3 Command Line Parameters

The C++ code requires two mandatory parameters and accepts a few optional parameters and flags. Ill parameters, bad simulation files, and runtime errors such as out-of-memory problems, lead to an exception followed by an error message shown and execution termination.

The mandatory parameters -i and -o specify the input and output file. The file names respect the path conventions for particular operating system. If any of the files is not specified, cannot be found or created, an error message is shown and the code terminates.
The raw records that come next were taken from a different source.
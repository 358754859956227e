-- ===== src/LevelPool.antt =====
-- `pure_slab_pool` of src/mem_pool/pure_slab_pool.cpp: chains of pools for blocks of doubling sizes.
-- A pool and its blocks are laid out as those of `pure_slab`, and the moves between its two lists
-- write the same fields in the same order. `none` is a fault or `exit`, when `malloc` gives NULL.
pub mod Sizes
pub mod Inv
pub mod Alloc
pub mod Free
mod Tests
use record_lib.Base.{
  ℕ, zero, suc, ◌+◌, ◌-◌, ◌*◌, ◌/◌, ◌%◌, ◌^◌, Bool, true, false, Option, none, some, List, [], ◌∷◌,
  ◌==◌, leb, ltb, if◌then◌else◌, ◌>>=◌, u32_mod,
}
use record_lib.Base.Align.{align_u32}
use record_lib.Links.{Ptr, null, Heap, load}
use record_lib.Slab.{SlabPool, sizeof_block, sizeof_pool, block_loop, take_block, release_in}

-- One level: `pmpool[i]`, `mbsize[i]` and `poolsize[i]`.
pub record Level : Type 0 where
  pub pools : List SlabPool
  pub mbsize : ℕ
  pub poolsize : ℕ

-- `lvl` is one less than the number of levels.
pub record LevelPool : Type 0 where
  pub heap : Heap Ptr
  pub levels : List Level

-- A new pool, before it is cut.
abbrev create_pool : (fresh : Option ℕ) → ℕ → Option SlabPool
create_pool none l = none
create_pool (some mp) l =
    some (record { addr = mp; usedhead = null; freehead = null; length = l; off_t = 0 })

pub init_memblock : ℕ → ℕ → SlabPool → Heap Ptr → Option (SlabPool × Heap Ptr)
init_memblock fuel ul p h = do
  let limit = (p.length + u32_mod - ul) % u32_mod
  h ← block_loop fuel ul limit (p.addr + sizeof_pool) null sizeof_pool h
  some (record p { freehead = p.addr + sizeof_pool; usedhead = null }, h)

-- The end of the chain: a new pool is chained behind the last one.
mp_grow :
    ℕ
    → (fresh : Option ℕ) (poolsize mbsize : ℕ) → SlabPool
    → Heap Ptr
    → Option (Ptr × List SlabPool × Heap Ptr)
unfolding init_memblock
mp_grow fuel fresh poolsize mbsize p h = do
  q ← create_pool fresh poolsize
  (q, h) ← init_memblock fuel mbsize q h
  (b, q, h) ← take_block q h
  some (b, p ∷ q ∷ [], h)

-- `MPAlloc`: the first pool with a free block gives it. The result is the block.
pub mp_alloc :
    ℕ
    → (fresh : Option ℕ) (poolsize mbsize : ℕ) → List SlabPool
    → Heap Ptr
    → Option (Ptr × List SlabPool × Heap Ptr)
unfolding mp_grow
mp_alloc fuel fresh poolsize mbsize [] h = none
mp_alloc fuel fresh poolsize mbsize (p ∷ []) h =
    if p.freehead == null
    then mp_grow fuel fresh poolsize mbsize p h
    else do (b, p, h) ← take_block p h; some (b, p ∷ [], h)
mp_alloc fuel fresh poolsize mbsize (p ∷ q ∷ ps) h =
    let rest = mp_alloc fuel fresh poolsize mbsize (q ∷ ps) h in
    if p.freehead == null
    then (do (b, ps, h) ← rest; some (b, p ∷ ps, h))
    else do (b, p, h) ← take_block p h; some (b, p ∷ q ∷ ps, h)

-- The highest bit that is set, among the lowest `width`; the instruction `bsr` has 32.
pub highest_bit : (width n : ℕ) → ℕ
highest_bit zero n = 0
highest_bit (suc b) n = let rest = highest_bit b n in if leb (2 ^ b) n then b else rest

pub bsr : ℕ → ℕ
unfolding highest_bit
bsr n = highest_bit 32 n

-- The level for a length, from `mbsize[0]`. The length, an `s32`, is not negative here, and the quotient
-- fits an `int`.
pub level_of : (mbsize l : ℕ) → ℕ
unfolding bsr
level_of zero l = 0
level_of (suc m) l = let i = (l + sizeof_block - 1) / suc m in if i == 0 then 0 else bsr i

-- The inner `none` is NULL, for a level that is not there.
pub alloc_level :
    ℕ
    → (fresh : Option ℕ) (bitp : ℕ) → List Level
    → Heap Ptr
    → Option (Option Ptr × List Level × Heap Ptr)
unfolding mp_alloc
alloc_level fuel fresh bitp [] h = some (none, [], h)
alloc_level fuel fresh zero (l ∷ ls) h = do
  (b, ps, h) ← mp_alloc fuel fresh l.poolsize l.mbsize l.pools h
  some (some (b + sizeof_block), record l { pools = ps } ∷ ls, h)
alloc_level fuel fresh (suc bitp) (l ∷ ls) h = do
  (b, ls, h) ← alloc_level fuel fresh bitp ls h
  some (b, l ∷ ls, h)

-- `mbsize[0]`
abbrev pub first_mbsize : List Level → ℕ
first_mbsize [] = 0
first_mbsize (l ∷ ls) = l.mbsize

pub level_alloc : ℕ → (fresh : Option ℕ) (l : ℕ) → LevelPool → Option (Option Ptr × LevelPool)
unfolding alloc_level level_of
level_alloc fuel fresh l s = do
  (b, ls, h) ← alloc_level fuel fresh (level_of (first_mbsize s.levels) l) s.levels s.heap
  some (b, record s { levels = ls; heap = h })

-- The block goes back to the pool that it names, on whatever level that is.
pub free_levels : Ptr → Ptr → List Level → Heap Ptr → Option (List Level × Heap Ptr)
free_levels b mp [] h = none
free_levels b mp (l ∷ ls) h =
    let rest = free_levels b mp ls h in
    elim (release_in b mp l.pools h) [
      | some (ps, h) ↦ some (record l { pools = ps } ∷ ls, h)
      | none ↦ do (ls, h) ← rest; some (l ∷ ls, h)
    ]

pub level_free : Ptr → LevelPool → Option LevelPool
unfolding free_levels
level_free addr s = do
  let b = addr - sizeof_block
  n ← load b s.heap
  (ls, h) ← free_levels b n.val s.levels s.heap
  some (record s { levels = ls; heap = h })

-- The sizes of the constructor.
abbrev pub mbsize_of : (alignedsize i : ℕ) → ℕ
mbsize_of alignedsize i = (alignedsize * 2 ^ i + sizeof_block) % u32_mod

abbrev poolsize_of : (mbsize : ℕ) → ℕ
poolsize_of mbsize = align_u32 mbsize 16 * 64 % u32_mod

-- The levels from `i` on, one for each answer of `malloc`.
make_levels : ℕ → (alignedsize i : ℕ) → List (Option ℕ) → Heap Ptr → Option (List Level × Heap Ptr)
make_levels fuel alignedsize i [] h = some ([], h)
make_levels fuel alignedsize i (fresh ∷ more) h = do
  let mbsize = mbsize_of alignedsize i
  p ← create_pool fresh (poolsize_of mbsize)
  (p, h) ← init_memblock fuel mbsize p h
  (ls, h) ← make_levels fuel alignedsize (i + 1) more h
  some (record { pools = p ∷ []; mbsize = mbsize; poolsize = poolsize_of mbsize } ∷ ls, h)

-- The constructor, with the answers for its `lvl + 1` pools.
pub new_level_pool : ℕ → (size : ℕ) → List (Option ℕ) → Heap Ptr → Option LevelPool
unfolding make_levels
new_level_pool fuel size answers h = do
  (ls, h) ← make_levels fuel (align_u32 size 8) 0 answers h
  some (record { heap = h; levels = ls })
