-- ===== src/Slab/Inv.antt =====
-- The lists of a pool of src/mem_pool/pure_slab.cpp, and of a whole allocator.
use record_lib.Base.{
  ℕ, ◌+◌, ◌%◌, ◌==◌, ◌||◌, Bool, ◌≡◌, List, [], ◌∷◌, ◌++◌, false, length, u32_mod,
}
use record_lib.Links.{Ptr, null, Heap}
use record_lib.Links.Seg.{Cells, first, Distinct, Seg, SameOutside}
use record_lib.Links.Back.{Apart, frame_apart, has-left, has-right}
use record_lib.Slab.{SlabPool, Slab}

-- Every block names the pool.
abbrev pub Owned : Ptr → Cells Ptr → Type 0
Owned mp [] = Unit
Owned mp ((_, v) ∷ xs) = (v ≡ mp) × Owned mp xs

pub record IsPool (h : Heap Ptr) (p : SlabPool) (free used : Cells Ptr) : Type 0 where
  pub free_chain : Seg h null null free
  pub used_chain : Seg h null null used
  pub free_head : p.freehead ≡ first free null
  pub used_head : p.usedhead ≡ first used null
  pub owned : Owned p.addr used
  pub free_distinct : Distinct free
  pub used_distinct : Distinct used
  pub apart : Apart free used

-- A pool keeps its lists when memory changes outside its blocks.
pub IsPool-frame :
    {h g : Heap Ptr} {p : SlabPool} {free used : Cells Ptr} (xs : Cells Ptr)
    → SameOutside xs h g
    → Apart free xs
    → Apart used xs
    → IsPool h p free used
    → IsPool g p free used
IsPool-frame {h} {g} {free} {used} xs same apart apart' is = record {
  free_chain = frame_apart h g null null xs free same apart is.free_chain;
  used_chain = frame_apart h g null null xs used same apart' is.used_chain;
  free_head = is.free_head;
  used_head = is.used_head;
  owned = is.owned;
  free_distinct = is.free_distinct;
  used_distinct = is.used_distinct;
  apart = is.apart;
}

-- A pool with its two lists.
abbrev pub Held : Type 0
Held = SlabPool × Cells Ptr × Cells Ptr

abbrev pub pools_of : List Held → List SlabPool
pools_of [] = []
pools_of ((p, _, _) ∷ hs) = p ∷ pools_of hs

abbrev pub cells_of : List Held → Cells Ptr
cells_of [] = []
cells_of ((p, free, used) ∷ hs) = (free ++ used) ++ cells_of hs

abbrev pub used_count : List Held → ℕ
used_count [] = 0
used_count ((p, free, used) ∷ hs) = length used + used_count hs

abbrev pub has_addr : Ptr → List Held → Bool
has_addr a [] = false
has_addr a ((p, _, _) ∷ hs) = (a == p.addr) || has_addr a hs

-- Every pool has its lists, no block is on two lists, and no two pools have one address.
abbrev pub AllPools : Heap Ptr → List Held → Type 0
AllPools h [] = Unit
AllPools h ((p, free, used) ∷ hs) =
    IsPool h p free used
    × Apart (free ++ used) (cells_of hs)
    × (has_addr p.addr hs ≡ false)
    × AllPools h hs

pub record IsSlab (s : Slab) (hs : List Held) : Type 0 where
  pub pools : s.pools ≡ pools_of hs
  pub all : AllPools s.heap hs
  pub count : s.alloced_num ≡ used_count hs % u32_mod

pub AllPools-frame :
    {h g : Heap Ptr} (xs : Cells Ptr) (hs : List Held)
    → SameOutside xs h g
    → Apart (cells_of hs) xs
    → AllPools h hs
    → AllPools g hs
AllPools-frame xs [] same apart all = tt
AllPools-frame xs ((p, free, used) ∷ hs) same apart (is, away, unlike, all) =
    let here = free ++ used in
    let there = cells_of hs in
    (
      IsPool-frame xs same (λ a i. apart a (has-left a here there (has-left a free used i)))
          (λ a i. apart a (has-left a here there (has-right a free used i))) is,
      away,
      unlike,
      AllPools-frame xs hs same (λ a i. apart a (has-right a here there i)) all,
    )
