-- ===== src/Slab/Take.antt =====
-- `take_block`: a block moves from the free list to the front of the used list.
use record_lib.Base.{◌≡◌, refl, ◌∙◌, false, ◌∷◌, ◌++◌, arith, ◌==◌, Returns, returns, bind}
use record_lib.Links.{Ptr, null, node, Heap, modify, with_prev, with_next, with_val}
use record_lib.Links.Seg.{
  Cells, has, first, Seg, SameOutside, Seg-modify, modify-ne, not-has-append,
}
use record_lib.Links.Writes.{
  load-ok, set_prev-ok, set_next-ok, set_val-ok, relink-next, modify-val_self, modify-next_self,
}
use record_lib.Links.Back.{Apart, frame_apart, link_back-Seg}
use record_lib.Slab.{SlabPool, take_block}
use record_lib.Slab.Inv.{IsPool}

-- The block `b` becomes the first used one.
pub record Taken (b : Ptr) (free used : Cells Ptr) (p : SlabPool) (h : Heap Ptr)
    (out : Ptr × SlabPool × Heap Ptr) : Type 0 where
  pub block : out.0 ≡ b
  pub addr : out.1.addr ≡ p.addr
  pub lists : IsPool out.2 out.1 free ((b, p.addr) ∷ used)
  pub same : SameOutside ((b, p.addr) ∷ free ++ used) h out.2

-- The writes to the block itself, after its neighbours are linked.
abbrev placed : Heap Ptr → Ptr → Ptr → Heap Ptr
placed h b u = modify (modify h b (with_next u)) b (with_prev null)

placed-ne : (h : Heap Ptr) (b u a : Ptr) → (a == b) ≡ false → placed h b u a ≡ h a
placed-ne h b u a e =
    modify-ne (modify h b (with_next u)) b a (with_prev null) e ∙ modify-ne h b a (with_next u) e

Seg-placed :
    (h : Heap Ptr) (b u pre : Ptr) (xs : Cells Ptr)
    → Seg h pre null xs
    → has b xs ≡ false
    → Seg (placed h b u) pre null xs
Seg-placed h b u pre xs s out =
    Seg-modify (modify h b (with_next u)) pre null b (with_prev null) xs
      (Seg-modify h pre null b (with_next u) xs s out) out

pub take_block-Taken :
    {h : Heap Ptr} {p : SlabPool} (b : Ptr) (v : Ptr) (free used : Cells Ptr)
    → IsPool h p ((b, v) ∷ free) used
    → Returns (Taken b free used p h) (take_block p h)
unfolding take_block
take_block-Taken {h} {p} b v free used is =
    let (live, at, rest) = is.free_chain in
    let (b_free, d) = is.free_distinct in
    let b_used = is.apart b (ground arith) in
    let free_used : Apart free used = λ a i. is.apart a (ground arith) in
    let f = first free null in
    let u = first used null in
    let owned : Heap Ptr → Heap Ptr = λ g. modify g b (with_val p.addr) in
    rw (is.free_head, is.used_head, load-ok h b live (node v null f) at)
      (bind (link_back-Seg h b null free rest d) λ g₁ (s₁, o₁).
        let at₁ = o₁ b b_free ∙ at in
        let used₁ =
          frame_apart h g₁ null null free used o₁ (λ a i. ground (arith, free_used a))
            is.used_chain in
        let at₂ = modify-val_self g₁ b live (node v null f) at₁ p.addr in
        rw (set_val-ok g₁ b live (node v null f) at₁ p.addr) (
          bind
            (link_back-Seg (owned g₁) null b used
              (Seg-modify g₁ null null b (with_val p.addr) used used₁ b_used) is.used_distinct)
            λ g₂ (s₂, o₂).
              let at₃ = o₂ b b_used ∙ at₂ in
              let n₃ = node p.addr null f in
              let free₂ =
                frame_apart (owned g₁) g₂ null null used free o₂ free_used
                  (Seg-modify g₁ null null b (with_val p.addr) free s₁ b_free) in
              rw
                (
                  set_next-ok g₂ b live n₃ at₃ u,
                  set_prev-ok (modify g₂ b (with_next u)) b live (with_next u n₃)
                      (modify-next_self g₂ b live n₃ at₃ u) null,
                )
                (returns (record {
                  block = refl;
                  addr = refl;
                  lists = record {
                    free_chain = Seg-placed g₂ b u null free free₂ b_free;
                    used_chain = (
                      live,
                      relink-next g₂ b live n₃ at₃ null u,
                      Seg-placed g₂ b u b used s₂ b_used,
                    );
                    free_head = refl;
                    used_head = refl;
                    owned = (refl, is.owned);
                    free_distinct = d;
                    used_distinct = (b_used, is.used_distinct);
                    apart = λ a i. ground (arith, free_used a, b_free);
                  };
                  same = λ a o.
                      let (far, apart) = not-has-append a ((b, p.addr) ∷ free) used o in
                      let ne : (a == b) ≡ false = ground arith in
                      placed-ne g₂ b u a ne
                      ∙ o₂ a apart
                      ∙ modify-ne g₁ b a (with_val p.addr) ne
                      ∙ o₁ a (ground arith);
                }))))
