-- ===== src/Slab/Alloc.antt =====
-- `slab_alloc` and `slab_free` of src/mem_pool/pure_slab.cpp on an allocator with several pools.
use record_lib.Base.{
  ℕ, suc, ◌+◌, ◌%◌, ◌==◌, ◌||◌, Bool, ◌∙◌, ◌≡◌, ◌<◌, ◌≤◌, ◌^◌, refl, sym, ap, List, [], ◌∷◌, ◌++◌,
  false, true, Option, some, u32_mod, arith, Returns, returns, bind, mono, inl, inr, Bool-cases,
}
use record_lib.Links.{Ptr, null, Heap}
use record_lib.Links.Seg.{Cells, has, SameOutside, not-has-append, has-append}
use record_lib.Links.Back.{Apart-sym}
use record_lib.Slab.{SlabPool, Slab, at_limit, chain_alloc, slab_alloc}
use record_lib.Slab.Inv.{
  IsPool, Held, pools_of, cells_of, used_count, has_addr, AllPools, AllPools-frame, IsPool-frame,
  IsSlab,
}
use record_lib.Slab.Take.{Taken, take_block-Taken}

-- Some pool has a free block.
abbrev pub has_free : List Held → Bool
has_free [] = false
has_free ((p, [], used) ∷ hs) = has_free hs
has_free ((p, c ∷ free, used) ∷ hs) = true

-- The first free block of the first pool that has one becomes the first used one of its pool.
pub data Takes : List Held → Ptr → List Held → Type 0 where
  here :
      {p q : SlabPool} {free used : Cells Ptr} {hs : List Held} (b v : Ptr)
      → q.addr ≡ p.addr
      → Takes ((p, (b, v) ∷ free, used) ∷ hs) b ((q, free, (b, p.addr) ∷ used) ∷ hs)
  there :
      {p : SlabPool} {used : Cells Ptr} {hs ks : List Held} {b : Ptr}
      → Takes hs b ks
      → Takes ((p, [], used) ∷ hs) b ((p, [], used) ∷ ks)

-- A move between the lists of a pool changes none of its addresses.
has-moved :
    (a b v w : Ptr) (free used : Cells Ptr)
    → has a (free ++ (b, w) ∷ used) ≡ has a ((b, v) ∷ free ++ used)
has-moved a b v w free used =
    has-append a free ((b, w) ∷ used)
    ∙ swap (has a free) (a == b) (has a used)
    ∙ ap (λ x. (a == b) || x) (sym (has-append a free used))
  where
    swap : (x y z : Bool) → (x || (y || z)) ≡ (y || (x || z))
    swap x y z = ground arith

pub Takes-has :
    {hs ks : List Held} {b : Ptr} (a : Ptr)
    → Takes hs b ks
    → has a (cells_of ks) ≡ has a (cells_of hs)
Takes-has a (here {p} {free} {used} {hs} b v e) =
    has-append a (free ++ (b, p.addr) ∷ used) (cells_of hs)
    ∙ ap (λ x. x || has a (cells_of hs)) (has-moved a b v p.addr free used)
    ∙ sym (has-append a ((b, v) ∷ free ++ used) (cells_of hs))
Takes-has a (there {used} {hs} {ks} t) =
    has-append a used (cells_of ks)
    ∙ ap (λ x. has a used || x) (Takes-has a t)
    ∙ sym (has-append a used (cells_of hs))

pub Takes-has_addr :
    {hs ks : List Held} {b : Ptr} (m : Ptr) → Takes hs b ks → has_addr m ks ≡ has_addr m hs
Takes-has_addr m (here {hs} b v e) = ap (λ x. (m == x) || has_addr m hs) e
Takes-has_addr m (there {p} t) = ap (λ x. (m == p.addr) || x) (Takes-has_addr m t)

Takes-used_count :
    {hs ks : List Held} {b : Ptr} → Takes hs b ks → used_count ks ≡ suc (used_count hs)
Takes-used_count (here b v e) = omega arith
Takes-used_count (there t) = omega (arith, Takes-used_count t)

-- What a search along the chain leaves.
pub record Found (hs : List Held) (h : Heap Ptr) (out : Option Ptr × List SlabPool × Heap Ptr)
    : Type 0 where
  pub block : Ptr
  pub left : List Held
  pub found : out.0 ≡ some block
  pub takes : Takes hs block left
  pub pools : out.1 ≡ pools_of left
  pub all : AllPools out.2 left
  pub same : SameOutside (cells_of hs) h out.2

pub Taken-Found :
    {h : Heap Ptr} {p : SlabPool} (b v : Ptr) (free used : Cells Ptr) (hs : List Held)
    → AllPools h ((p, (b, v) ∷ free, used) ∷ hs)
    → (out : Ptr × SlabPool × Heap Ptr) → Taken b free used p h out
    → Found ((p, (b, v) ∷ free, used) ∷ hs) h (some out.0, out.1 ∷ pools_of hs, out.2)
Taken-Found {h} {p} b v free used hs (is, away, unlike, all) (c, q, g) t = record {
  block = b;
  left = (q, free, (b, p.addr) ∷ used) ∷ hs;
  found = ap some t.block;
  takes = here b v t.addr;
  pools = refl;
  all = (
    t.lists,
    λ a i. away a (sym (has-moved a b v p.addr free used) ∙ i),
    ap (λ m. has_addr m hs) t.addr ∙ unlike,
    AllPools-frame ((b, p.addr) ∷ free ++ used) hs t.same
        (Apart-sym ((b, v) ∷ free ++ used) (cells_of hs) away) all,
  );
  same = λ a o. t.same a (not-has-append a ((b, v) ∷ free ++ used) (cells_of hs) o).0;
}

-- A full pool in front of the others stays as it is.
pub Found-behind :
    {h : Heap Ptr} (p : SlabPool) (used : Cells Ptr) (hs : List Held)
    → AllPools h ((p, [], used) ∷ hs)
    → (out : Option Ptr × List SlabPool × Heap Ptr) → Found hs h out
    → Found ((p, [], used) ∷ hs) h (out.0, p ∷ out.1, out.2)
Found-behind p used hs (is, away, unlike, all) out f = record {
  block = f.block;
  left = (p, [], used) ∷ f.left;
  found = f.found;
  takes = there f.takes;
  pools = ap (λ ps. p ∷ ps) f.pools;
  all = (
    IsPool-frame (cells_of hs) f.same (λ a i. absurd (ground arith)) away is,
    λ a i. Takes-has a f.takes ∙ away a i,
    Takes-has_addr p.addr f.takes ∙ unlike,
    f.all,
  );
  same = λ a o. f.same a (not-has-append a used (cells_of hs) o).1;
}

pub full :
    {h : Heap Ptr} {p : SlabPool} {used : Cells Ptr}
    → IsPool h p [] used
    → (p.freehead == null) ≡ true
full is = let e = is.free_head in ground arith

pub not_full :
    {h : Heap Ptr} {p : SlabPool} {b v : Ptr} {free used : Cells Ptr}
    → IsPool h p ((b, v) ∷ free) used
    → (p.freehead == null) ≡ false
not_full is = let e = is.free_head in let live = is.free_chain.0 in ground arith

pub chain_alloc-Found :
    (fuel : ℕ) (memory : Option ℕ) (poolsize mbsize : ℕ) {h : Heap Ptr} (hs : List Held)
    → AllPools h hs
    → has_free hs ≡ true
    → Returns (Found hs h) (chain_alloc fuel memory poolsize mbsize (pools_of hs) h)
unfolding chain_alloc
chain_alloc-Found fuel m ps mb [] all some_free = absurd (ground arith)
chain_alloc-Found fuel m ps mb ((p, [], used) ∷ []) all some_free = absurd (ground arith)
chain_alloc-Found fuel m ps mb ((p, [], used) ∷ h₂ ∷ hs) all some_free = rw (full all.0) (
    bind (chain_alloc-Found fuel m ps mb (h₂ ∷ hs) all.3 some_free)
      λ out f. returns (Found-behind p used (h₂ ∷ hs) all out f))
chain_alloc-Found fuel m ps mb ((p, (b, v) ∷ free, used) ∷ []) all some_free = rw (not_full all.0) (
    bind (take_block-Taken b v free used all.0)
      λ out t. returns (Taken-Found b v free used [] all out t))
chain_alloc-Found fuel m ps mb ((p, (b, v) ∷ free, used) ∷ h₂ ∷ hs) all some_free =
    rw (not_full all.0) (
      bind (take_block-Taken b v free used all.0)
        λ out t. returns (Taken-Found b v free used (h₂ ∷ hs) all out t))

under_limit :
    (s : Slab) (n : ℕ)
    → s.max_num < 2 ^ 31
    → n ≤ s.max_num
    → s.alloced_num ≡ n % u32_mod
    → at_limit s ≡ false
    → n < s.max_num
under_limit s n small le count below = ground arith

-- What `slab_alloc` leaves when it hands out a block.
pub record Allocated (s : Slab) (hs : List Held) (out : Option Ptr × Slab) : Type 0 where
  pub block : Ptr
  pub left : List Held
  pub answer : out.0 ≡ some (block + s.alignedsize)
  pub takes : Takes hs block left
  pub slab : IsSlab out.1 left
  pub size : out.1.alignedsize ≡ s.alignedsize
  pub same : SameOutside (cells_of hs) s.heap out.1.heap

-- On a well-formed allocator that is below its maximum and has a free block in some pool,
-- slab_alloc takes the first free block of the first pool that has one and answers its data
-- address; the block heads the used list of its pool, the allocator stays well-formed (lists
-- linked both ways and disjoint, every used block naming its pool, the count right modulo 2^32),
-- and memory outside its blocks is unchanged.
pub slab_alloc-Allocated :
    (fuel : ℕ) (memory : Option ℕ) {s : Slab} {hs : List Held}
    → IsSlab s hs
    → at_limit s ≡ false
    → has_free hs ≡ true
    → Returns (Allocated s hs) (slab_alloc fuel memory s)
unfolding slab_alloc
slab_alloc-Allocated fuel memory {s} {hs} is below some_free =
    rw (below, is.pools)
      (bind (chain_alloc-Found fuel memory s.poolsize s.mbsize hs is.all some_free) λ out f.
        rw f.found (
          returns (record {
            block = f.block;
            left = f.left;
            answer = refl;
            takes = f.takes;
            slab = record {
              pools = f.pools;
              all = f.all;
              count = omega (arith, is.count, Takes-used_count f.takes);
            };
            size = refl;
            same = f.same;
          })))

-- When a well-formed allocator with a free block has a maximum below 2^31 and at most that many
-- blocks in use, slab_alloc leaves a well-formed allocator with at most the maximum in use.
pub slab_alloc_bounded :
    (fuel : ℕ) (memory : Option ℕ) {s : Slab} {hs : List Held}
    → IsSlab s hs
    → has_free hs ≡ true
    → s.max_num < 2 ^ 31
    → used_count hs ≤ s.max_num
    → Returns
        (λ out. (ks : List Held) × IsSlab out.1 ks × (used_count ks ≤ s.max_num))
        (slab_alloc fuel memory s)
slab_alloc_bounded fuel memory {s} {hs} is some_free small few = elim (Bool-cases (at_limit s)) [
  | inl e ↦ unfold slab_alloc in rw e (returns (hs, is, few))
  | inr e ↦ mono (slab_alloc-Allocated fuel memory is e some_free) λ out a. (
    a.left,
    a.slab,
    let below = under_limit s (used_count hs) small few is.count e in
        omega (arith, Takes-used_count a.takes),
  )
]
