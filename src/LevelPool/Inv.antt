-- ===== src/LevelPool/Inv.antt =====
-- The lists of the pools of all levels of src/mem_pool/pure_slab_pool.cpp.
use record_lib.Base.{◌||◌, ◌≡◌, Bool, true, false, List, [], ◌∷◌, ◌++◌}
use record_lib.Links.{Ptr, Heap}
use record_lib.Links.Seg.{Cells, SameOutside}
use record_lib.Links.Back.{Apart, has-left, has-right}
use record_lib.Slab.Inv.{Held, pools_of, cells_of, has_addr, AllPools, AllPools-frame}
use record_lib.LevelPool.{Level}

-- The pools of each level, with their lists.
abbrev pub HeldLevels : Type 0
HeldLevels = List (List Held)

abbrev pub level_cells : HeldLevels → Cells Ptr
level_cells [] = []
level_cells (hs ∷ hss) = cells_of hs ++ level_cells hss

abbrev pub level_addr : Ptr → HeldLevels → Bool
level_addr m [] = false
level_addr m (hs ∷ hss) = has_addr m hs || level_addr m hss

-- Every pool has its lists, no block is on two of them, and no two pools have one address, on
-- whatever levels they are.
abbrev pub AllLevels : Heap Ptr → HeldLevels → Type 0
AllLevels h [] = Unit
AllLevels h (hs ∷ hss) =
    AllPools h hs
    × Apart (cells_of hs) (level_cells hss)
    × ((m : Ptr) → has_addr m hs ≡ true → level_addr m hss ≡ false)
    × AllLevels h hss

abbrev pub Matches : List Level → HeldLevels → Type 0
Matches [] [] = Unit
Matches (l ∷ ls) (hs ∷ hss) = (l.pools ≡ pools_of hs) × Matches ls hss
Matches _ _ = ⊥

pub AllLevels-frame :
    {h g : Heap Ptr} (xs : Cells Ptr) (hss : HeldLevels)
    → SameOutside xs h g
    → Apart (level_cells hss) xs
    → AllLevels h hss
    → AllLevels g hss
AllLevels-frame xs [] same apart all = tt
AllLevels-frame xs (hs ∷ hss) same apart (here, away, unlike, all) = (
  AllPools-frame xs hs same (λ a i. apart a (has-left a (cells_of hs) (level_cells hss) i)) here,
  away,
  unlike,
  AllLevels-frame xs hss same (λ a i. apart a (has-right a (cells_of hs) (level_cells hss) i)) all,
)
The -t parameter sets the number of threads used, which defaults the system maximum. If the system support hyperthreading, it is recommended to use only a half of the threads to prevent cache overloading. If possible enable tread binding and placement using export OMP_PROC_BIND=true.

The -r parameter specifies how often information about the simulation progress is printed out to the command line. By default, the C++ code prints out the progress of the simulation, the elapsed time, and the estimated time of completion in intervals corresponding to 5% of the total number of times steps.

The -c parameter specifies the compression level used by the ZIP library to reduce the size of the output file. The actual compression rate is highly dependent on the shape of the sensor mask and the range of stored quantities and may be computationally expensive. In general, the output data is very hard to compress, and using higher compression levels can greatly increase the time to save data while not having a large impact on the final file size. That's why we decided to disable compression in default settings.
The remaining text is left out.